Methylation site profiling shown in Figure 4h revealed that translocation events with the methylated DNA/MBD1x complex ended with the terminal protein instead of leading with it. It can be inferred from this finding that the positively charged MBD1x near the nanopore is always repelled by the positively applied bias voltage and will spin to the origin while the DNA region of the complex is being pulled into the nanopore. Consequently, all the endMethDNA/MBD1x transport into the pore occurred in a fixed orientation which included the DNA entering first and the protein complex lagging behind. From this, it can be assumed that the negatively charged DNA that was used for the study was attracted by the applied positive charge and pushed towards the nanopore ahead of the region where MBD1x was attached. This was confirmed through profiling of methylation location using the MoS2 nanopore. The occurrence of deeper current blockage was mainly observed at the end of the whole complex transport, as shown in figure 4h. The abscissa represents the length of the entire complex translocation, normalized and recalculated as 100%. The peak occurrence of deeper current blockage was obtained by fitting a Gaussian function to the occurrence histogram. The fitting value was 90.5 ± 3% which indicates the deeper current blockages mainly occur at the end of entire complex translocation. This result suggests that the position of methylation on dsDNA can be more precisely detected using nanopores in thin membranes.

Conclusions

We investigate the use of the MoS2 nanopore for dsDNA translocation and methylation detection experiments. Detection of methylcytosine bases has been reported previously with SiNx and graphene nanopore sensors, but MoS2 presents several favorable and specific characteristics that could make it a more viable and robust option than the more commonly used membranes. These characteristics include the ability to produce a small nanopore on a thin membrane while retaining good signal-to-noise ratios and no need for surface treatment to reduce hydrophobic surface interactions as is necessary for graphene membranes. After determining that dsDNA translocation was possible through MoS2, we also showed that dsDNA translocation could be slowed by using asymmetric concentration of buffer solutions to provide higher spatial resolution. We demonstrated detection of single MBD1x proteins in a site-specific manner which could be used to distinguish the location of the methyl cytosine nucleotide base on the DNA sequence. We also hypothesized that the charge of the DNA strand coupled with the applied voltage allows one to control the orientation of the translocating DNA strand.
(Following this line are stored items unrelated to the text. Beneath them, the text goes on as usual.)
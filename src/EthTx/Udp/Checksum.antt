-- ===== src/EthTx/Udp/Checksum.antt =====
-- The header checksum of src/eth_tx.rs.
use pico_10base_t_rs.Prelude.{
  ℕ, zero, suc, ◌+◌, ◌-◌, ◌/◌, ◌%◌, ◌^◌, ◌≤◌, ◌<◌, ◌≡◌, refl, ap, ◌∙◌, ◌==◌, arith, Bool-cases, inl,
  inr, List, [], ◌∷◌, ◌++◌,
}
use pico_10base_t_rs.EthTx.Udp.{sum_words, fold_carries, ipv4_checksum}

-- A fold keeps the value as a ones' complement number: the remainder by 65535, and whether it is 0.
fold_value :
    (n sum : ℕ)
    → (fold_carries n sum % 65535 ≡ sum % 65535)
      × (1 ≤ sum → 1 ≤ fold_carries n sum)
      × (fold_carries n sum ≤ sum)
unfolding fold_carries
fold_value zero sum = (refl, λ h. h, omega arith)
fold_value (suc n) sum = elim (Bool-cases (sum / 2 ^ 16 == 0)) [
  | inl small ↦ rw small (refl, λ h. h, omega arith)
  | inr large ↦
      let next = sum % 2 ^ 16 + sum / 2 ^ 16 in
      let rest = fold_value n next in
      rw large (omega (arith, rest.0), λ h. rest.1 (omega arith), omega (arith, rest.2))
]

-- Three rounds are enough for any 32-bit sum.
fold_bounds : (sum : ℕ) → sum < 2 ^ 32 → fold_carries 3 sum < 2 ^ 16
unfolding fold_carries
fold_bounds sum h = ground arith

pub sum_words-append : (xs ys : List ℕ) → sum_words (xs ++ ys) ≡ sum_words xs + sum_words ys
sum_words-append [] ys = omega arith
sum_words-append (x ∷ xs) ys = omega (arith, sum_words-append xs ys)

-- A header with its checksum in place sums to all ones, for any sum that 32 bits hold.
complement :
    (s : ℕ)
    → s + 2 ^ 16 < 2 ^ 32
    → let c = 2 ^ 16 - 1 - fold_carries 3 (s % 2 ^ 32) % 2 ^ 16 in
      2 ^ 16 - 1 - fold_carries 3 ((s + c) % 2 ^ 32) % 2 ^ 16 ≡ 0
complement s h =
    let c = 2 ^ 16 - 1 - fold_carries 3 (s % 2 ^ 32) % 2 ^ 16 in
    let first = fold_value 3 (s % 2 ^ 32) in
    let again = fold_value 3 ((s + c) % 2 ^ 32) in
    let some_left : 1 ≤ (s + c) % 2 ^ 32 = omega (arith, first.0, first.2) in
    omega (
      arith,
      first.0,
      first.2,
      fold_bounds (s % 2 ^ 32) (omega arith),
      again.0,
      again.1 some_left,
      fold_bounds ((s + c) % 2 ^ 32) (omega arith),
    )

-- For words whose sum fits 32 bits with room for one more, the checksum of the words with 0 in its
-- field has 16 bits, and the words with the checksum in that field have the checksum 0, which is what
-- a receiver tests.
pub ipv4_checksum_valid :
    (xs ys : List ℕ)
    → sum_words (xs ++ (0 ∷ ys)) + 2 ^ 16 < 2 ^ 32
    → (ipv4_checksum (xs ++ (0 ∷ ys)) < 2 ^ 16)
      × (ipv4_checksum (xs ++ (ipv4_checksum (xs ++ (0 ∷ ys)) ∷ ys)) ≡ 0)
unfolding ipv4_checksum
ipv4_checksum_valid xs ys h =
    let s = sum_words (xs ++ (0 ∷ ys)) in
    let c = ipv4_checksum (xs ++ (0 ∷ ys)) in
    let with_checksum : sum_words (xs ++ (c ∷ ys)) ≡ s + c =
      omega (arith, sum_words-append xs (0 ∷ ys), sum_words-append xs (c ∷ ys)) in
    (
      omega arith,
      ap (λ t. 2 ^ 16 - 1 - fold_carries 3 (t % 2 ^ 32) % 2 ^ 16) with_checksum ∙ complement s h,
    )
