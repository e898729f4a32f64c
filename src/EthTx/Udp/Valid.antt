-- ===== src/EthTx/Udp/Valid.antt =====
-- The frame that src/eth_tx.rs builds, and what its receiver tests.
use pico_10base_t_rs.Prelude.{
  ℕ, ◌+◌, ◌*◌, ◌/◌, ◌%◌, ◌^◌, ◌<◌, ◌≡◌, ap, sym, ◌∙◌, List, [], ◌∷◌, ◌++◌, arith, length, be16,
  AreBytes, length-append, be16-AreBytes, append-AreBytes,
}
use mathlib.Core.List.{append_assoc}
use pico_10base_t_rs.EthTx.Send.Frame.{preamble}
use pico_10base_t_rs.EthTx.Udp.{UdpEndpoint, ipv4_checksum, header_words}
use pico_10base_t_rs.EthTx.Udp.Checksum.{ipv4_checksum_valid, sum_words-append}
use pico_10base_t_rs.EthTx.Udp.Layout.{header_words-right, sum_words-header_words}
use pico_10base_t_rs.EthTx.Udp.Built.{
  IsEndpoint, head, headed, words_before, words_behind, checksum, length-head, head-AreBytes,
  header_words-headed,
}

module _ (ep : UdpEndpoint) (udp_len ip_id : ℕ) (h : IsEndpoint ep) where
  pub checksum_valid :
      (checksum ep udp_len ip_id < 2 ^ 16)
      × (ipv4_checksum
            (words_before ep udp_len ip_id ++ (checksum ep udp_len ip_id ∷ words_behind ep))
          ≡ 0)
  checksum_valid = ipv4_checksum_valid (words_before ep udp_len ip_id) (words_behind ep) (
      omega (
        arith,
        sum_words-append (words_before ep udp_len ip_id) (0 ∷ words_behind ep),
        sum_words-header_words 5 14 (head ep udp_len ip_id) (head-AreBytes ep udp_len ip_id h),
        sum_words-header_words 4 0 (ep.src_ip ++ ep.dst_ip)
            (append-AreBytes _ _ h.src_ip_bytes h.dst_ip_bytes),
      ))

  -- The words of the header in the finished frame.
  pub header_words-frame :
      (more : List ℕ)
      → header_words (headed ep udp_len ip_id (checksum ep udp_len ip_id) ++ more) 10 14
        ≡ words_before ep udp_len ip_id ++ (checksum ep udp_len ip_id ∷ words_behind ep)
  header_words-frame more =
      let c = checksum ep udp_len ip_id in
      let value : c / 256 % 256 * 256 + c % 256 ≡ c = omega (arith, checksum_valid.0) in
      sym (header_words-right 10 14 preamble (headed ep udp_len ip_id c ++ more))
      ∙ ap (λ l. header_words l 10 22) (regroup (be16 c))
      ∙ header_words-headed ep udp_len ip_id h (c / 256 % 256) (c % 256) more
      ∙ ap (λ w. words_before ep udp_len ip_id ++ (w ∷ words_behind ep)) value
    where
      regroup :
          (z : List ℕ)
          → preamble ++ (head ep udp_len ip_id ++ z ++ ep.src_ip ++ ep.dst_ip ++ more)
            ≡ preamble ++ head ep udp_len ip_id ++ (z ++ (ep.src_ip ++ ep.dst_ip ++ more))
      regroup z = simp append_assoc

  -- The checksum that the code writes.
  pub checksum_written :
      (before rest : List ℕ)
      → before ++ (0x40 ∷ 0x00 ∷ 0x40 ∷ 0x11 ∷ []) ≡ preamble ++ head ep udp_len ip_id
      → ipv4_checksum (
          header_words
            (before ++ (0x40 ∷ 0x00 ∷ 0x40 ∷ 0x11 ∷ 0 ∷ 0 ∷ []) ++ ep.src_ip ++ ep.dst_ip ++ rest)
            10
            22)
        ≡ checksum ep udp_len ip_id
  checksum_written before rest e =
      ap (λ l. ipv4_checksum (header_words l 10 22))
        (regroup (0x40 ∷ 0x00 ∷ 0x40 ∷ 0x11 ∷ []) (0 ∷ 0 ∷ [])
          ∙ ap (λ l. l ++ (0 ∷ 0 ∷ (ep.src_ip ++ ep.dst_ip ++ rest))) e)
      ∙ ap ipv4_checksum (header_words-headed ep udp_len ip_id h 0 0 rest)
    where
      regroup :
          (x z : List ℕ)
          → before ++ (x ++ z) ++ ep.src_ip ++ ep.dst_ip ++ rest
            ≡ before ++ x ++ (z ++ (ep.src_ip ++ ep.dst_ip ++ rest))
      regroup x z = simp append_assoc

  pub length-headed : (c : ℕ) → length (headed ep udp_len ip_id c) ≡ 34
  length-headed c =
      let hd = head ep udp_len ip_id in
      omega (
        arith,
        length-append (hd ++ be16 c ++ ep.src_ip) ep.dst_ip,
        length-append (hd ++ be16 c) ep.src_ip,
        length-append hd (be16 c),
        length-head ep udp_len ip_id h,
        h.src_ip_length,
        h.dst_ip_length,
      )

  pub headed-AreBytes : (c : ℕ) → AreBytes (headed ep udp_len ip_id c)
  headed-AreBytes c =
      append-AreBytes _ _
        (append-AreBytes _ _
          (append-AreBytes _ _ (head-AreBytes ep udp_len ip_id h) (be16-AreBytes c)) h.src_ip_bytes)
        h.dst_ip_bytes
Being able to detect aberrant methylation in a routine lab screening could help identify cancer signatures at various stages or progression. This could prove crucial regarding early intervention and therapy and ultimately lead to an increase in the rate of survival. Work remains to be accomplished in the control of translocation speeds, resolution of signature current blockades, and in profiling the location of attached MBPs. We hope that this work serves as a springboard for future MoS2 nanopore studies.

MATERIALS AND METHODS

Supporting Substrate Fabrication

Substrates consisting of stacked layers of Al2O3 and SiNx are fabricated on 300 ± 2 µm thick double-side polished <100> silicon wafers purchased from Silicon Quest International. Wafers are piranha cleaned (2:1 H2SO4/H2O2) for 20 min before deposition SiNx. 300 nm of low-stress SiNx is deposited (STS Mesc PECVD system) using a mixed-frequency recipe (high frequency, 6 s at 13.56 MHz, platen power of 20 W; low frequency, 2s at 380 kHz, platen power of 60 W) with precursors SiH4 and NH3 at flow rates of 40 and 55 sccm, respectively, at a platen temperature of 300 °C. Subsequently, 20 nm of Al2O3 was deposited via ALD (Cambridge Nanotech) at a platen temperature of 250 °C using tetramethyl-aluminum (TMA) and water vapor precursor. Optical lithography is used to define square windows of 80 µm on the back side of the wafer with the aid of plasma resistant Megaposit SPR-220 photoresist and an ABM Flood Exposure (model 60) tool. Then the wafer is placed inside an STS Pegasus ICP (inductively coupled plasma) DRIE and 80 µm square membranes are suspended using a Bosch etching process; 500 to 600 nm holes are then drilled in these membranes using a focused ion beam (FIB) (FEI DB235) operated at a beam current of 30 pA.

Chemical Vapor Deposition of Molybdenum Disulfide

The detailed process of growing and characterizing of the MoS2 film using Chemical Vapor Deposition on SiO2 and Sapphire substrates are described in previous studies.4950

Nanopore Fabrication, Chemicals, and Materials

Single nanopores of various diameters were drilled in the free standing MoS2 membrane on the supporting substrate with condensed electron beam using a JEOL 2010F field-emission gun TEM operated at 200kV in CBD mode with focused electron probe of diameter at 1.6 nm. All custom DNA fragments were synthesized, purified and purchased form Integrated DNA Technologies (Coralville, IA). The electrical nanopore measurements were performed in 0.6 M, 1 M, and 0.6 M / 3 M KCl at pH 7.2 containing 10 mM Tris and 1 mM ethylenediaminetetraacetic acid (EDTA) for naked DNA fragments and DNA fragments bound with MBD1x. The methylated DNA/MBD1x complexes were prepared and incubated for 15 min at room temperature (25 ± 2°C) immediately before the nanopore experiments.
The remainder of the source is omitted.